A classifier is subject to two types of errors, either the real access/signal
is rejected (false rejection) or an impostor attack/a false access is accepted
(false acceptance). A possible way to measure the detection performance is to
use the Half Total Error Rate (HTER), which combines the False Rejection Rate
(FRR) and the False Acceptance Rate (FAR) and is defined in the following
formula:

.. math::

  HTER(\tau, \mathcal{D}) = \frac{FAR(\tau, \mathcal{D}) + FRR(\tau, \mathcal{D})}{2} \quad \textrm{[\%]}

where :math:`\mathcal{D}` denotes the dataset used. Since both the FAR and the
FRR depends on the threshold :math:`\tau`, they are strongly related to each
other: increasing the FAR will reduce the FRR and vice-versa. For this reason,
results are often presented using either a Receiver Operating Characteristic
(ROC) or a Detection-Error Tradeoff (DET) plot, these two plots basically
present the FAR versus the FRR for different values of the threshold. Another
widely used measure to summarise the performance of a system is the Equal Error
Rate (EER), defined as the point along the ROC or DET curve where the FAR
equals the FRR.

However, it was noted in by Bengio et al. (2004) that ROC and DET curves may be
misleading when comparing systems.
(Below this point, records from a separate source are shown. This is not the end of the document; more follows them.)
-- ===== src/DeleteAccount/Handler/Safety.antt =====
-- The safety protocol of an account deletion: which request may be sent, given the replies so far.
-- It is written without the handler, over the entries that the handler leaves behind.
use etkin_link.Base.{
  ◌≡◌, ◌≤◌, true, false, List, [], ◌∷◌, Option, none, some, length, take, last_or, All,
}
use etkin_link.Int.{ℤ}
use etkin_link.Text.{Str, str_lt, to_lower_case, index_of}
use etkin_link.Http.{Platform}
use etkin_link.DeleteAccount.State.{
  Phase, requested, auth_deleted, storage_deleting, completed, Claims, AuthState, Answer, error,
  deleted, resumable, Response, Call, clock, verify_token, get_request, begin_request,
  advance_request, get_auth_state, delete_auth_user, list_storage_paths, remove_storage_paths, Exit,
  answer, out_of_fuel,
}
use etkin_link.DeleteAccount.Request.{recent_login_is_valid}

-- What the replies so far have shown.
pub record Knowledge : Type 0 where
  pub claims : Option Claims  -- of the verified token
  pub now : Option ℤ
  pub auth : Option AuthState  -- the account, as last read; unknown after a deletion
  pub stored : Option Phase  -- the phase that the store last gave
  pub page : Option (List Str)  -- the paths that were last listed, until they are removed
  pub cursor : Str  -- the last path that was removed

abbrev pub nothing_known : Knowledge
nothing_known = record {
  claims = none;
  now = none;
  auth = none;
  stored = none;
  page = none;
  cursor = [];
}

abbrev pub observe : Knowledge → Call → Knowledge
observe g (clock t) = record g { now = some t }
observe g (verify_token _ reply) = record g { claims = reply }
observe g (get_request _ (some (some state))) = record g { stored = some state.phase }
observe g (get_request _ _) = g
observe g (begin_request _ _ (some state)) = record g { stored = some state.phase }
observe g (begin_request _ _ none) = g
observe g (advance_request _ _ _ _ _ (some state)) = record g { stored = some state.phase }
observe g (advance_request _ _ _ _ _ none) = g
observe g (get_auth_state _ reply) = record g { auth = reply }
observe g (delete_auth_user _ _) = record g { auth = none }
observe g (list_storage_paths _ _ _ _ reply) = record g { page = reply }
observe g (remove_storage_paths paths _) = record g { page = none; cursor = last_or paths g.cursor }

-- The user is the one that the token names.
abbrev pub IsTokenUser : Knowledge → Str → Type 0
IsTokenUser g user_id = (c : Claims) × (g.claims ≡ some c) × (user_id ≡ to_lower_case c.sub)

-- The account exists, and both the token and its last sign-in were recent by the clock last read.
abbrev pub IsRecent : Platform → Knowledge → Type 0
IsRecent platform g =
    (c : Claims) × (a : AuthState) × (t : ℤ) × (g.claims ≡ some c)
    × (g.auth ≡ some a)
    × (a.exists ≡ true)
    × (g.now ≡ some t)
    × (recent_login_is_valid platform c a.last_sign_in_at t ≡ true)

-- The account was read as absent.
abbrev pub IsGone : Knowledge → Type 0
IsGone g = (a : AuthState) × (g.auth ≡ some a) × (a.exists ≡ false)

-- A path of the form "<user>/<name>", the user in any case.
abbrev pub IsOwned : Str → Str → Type 0
IsOwned user_id path =
    (index_of b'/' path ≡ some (length user_id))
    × (to_lower_case (take (length user_id) path) ≡ user_id)

-- Strictly ascending, and above c.
abbrev pub Ascends : Str → List Str → Type 0
Ascends c [] = Unit
Ascends c (p ∷ ps) = (str_lt c p ≡ true) × Ascends p ps

-- What an advance from one phase to another needs. A failure is recorded in the same phase.
abbrev pub MayAdvance : Knowledge → Phase → Phase → Type 0
MayAdvance g requested requested = Unit
MayAdvance g requested auth_deleted = IsGone g
MayAdvance g auth_deleted storage_deleting = Unit
MayAdvance g storage_deleting storage_deleting = Unit
MayAdvance g storage_deleting completed = g.page ≡ some []
MayAdvance g _ _ = ⊥

abbrev pub Allowed : Platform → Knowledge → Call → Type 0
Allowed platform g (clock _) = Unit
Allowed platform g (verify_token _ _) = Unit
Allowed platform g (get_request _ _) = Unit
Allowed platform g (begin_request user_id _ _) = IsTokenUser g user_id × IsRecent platform g
Allowed platform g (advance_request user_id _ expected next _ _) =
    IsTokenUser g (to_lower_case user_id) × (g.stored ≡ some expected) × MayAdvance g expected next
Allowed platform g (get_auth_state user_id _) = IsTokenUser g user_id
Allowed platform g (delete_auth_user user_id _) =
    IsTokenUser g user_id × IsRecent platform g × (g.stored ≡ some requested)
Allowed platform g (list_storage_paths user_id _ _ page_size _) =
    IsTokenUser g user_id × (g.stored ≡ some storage_deleting) × (page_size ≡ 100)
Allowed platform g (remove_storage_paths paths _) =
    (g.stored ≡ some storage_deleting)
    × (g.page ≡ some paths)
    × (length paths ≤ 100)
    × Ascends g.cursor paths
    × ((u : Str) × IsTokenUser g u × All (IsOwned u) paths)

-- What an answer claims of the store is what the store last said.
abbrev pub Justified : Response → Knowledge → Type 0
Justified response g = Claimed response.body
  where
    Claimed : Answer → Type 0
    Claimed (error _) = Unit
    Claimed (deleted _ _) = (g.stored ≡ some completed) × (response.status ≡ 200)
    Claimed (resumable _) = (g.stored ≡ some storage_deleting) × (response.status ≡ 202)

-- An early end is an answer, never a loop that ran out of rounds.
abbrev pub Stopped : Exit → Knowledge → Type 0
Stopped (answer response) g = Justified response g
Stopped out_of_fuel g = ⊥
Hence, the so-called Expected Performance
Curve (EPC) was proposed and consists of an unbiased estimate of the reachable
performance of a system at various operating points.  Indeed, in real-world
scenarios, the threshold :math:`\tau` has to be set a priori: this is typically
done using a development set (also called cross-validation set). Nevertheless,
the optimal threshold can be different depending on the relative importance
given to the FAR and the FRR. Hence, in the EPC framework, the cost
:math:`\beta \in [0;1]` is defined as the tradeoff between the FAR and FRR. The
optimal threshold :math:`\tau^*` is then computed using different values of
:math:`\beta`, corresponding to different operating points:

.. math::
  \tau^{*} = \arg\!\min_{\tau} \quad \beta \cdot \textrm{FAR}(\tau, \mathcal{D}_{d}) + (1-\beta) \cdot \textrm{FRR}(\tau, \mathcal{D}_{d})

where :math:`\mathcal{D}_{d}` denotes the development set and should be
completely separate to the evaluation set `\mathcal{D}`.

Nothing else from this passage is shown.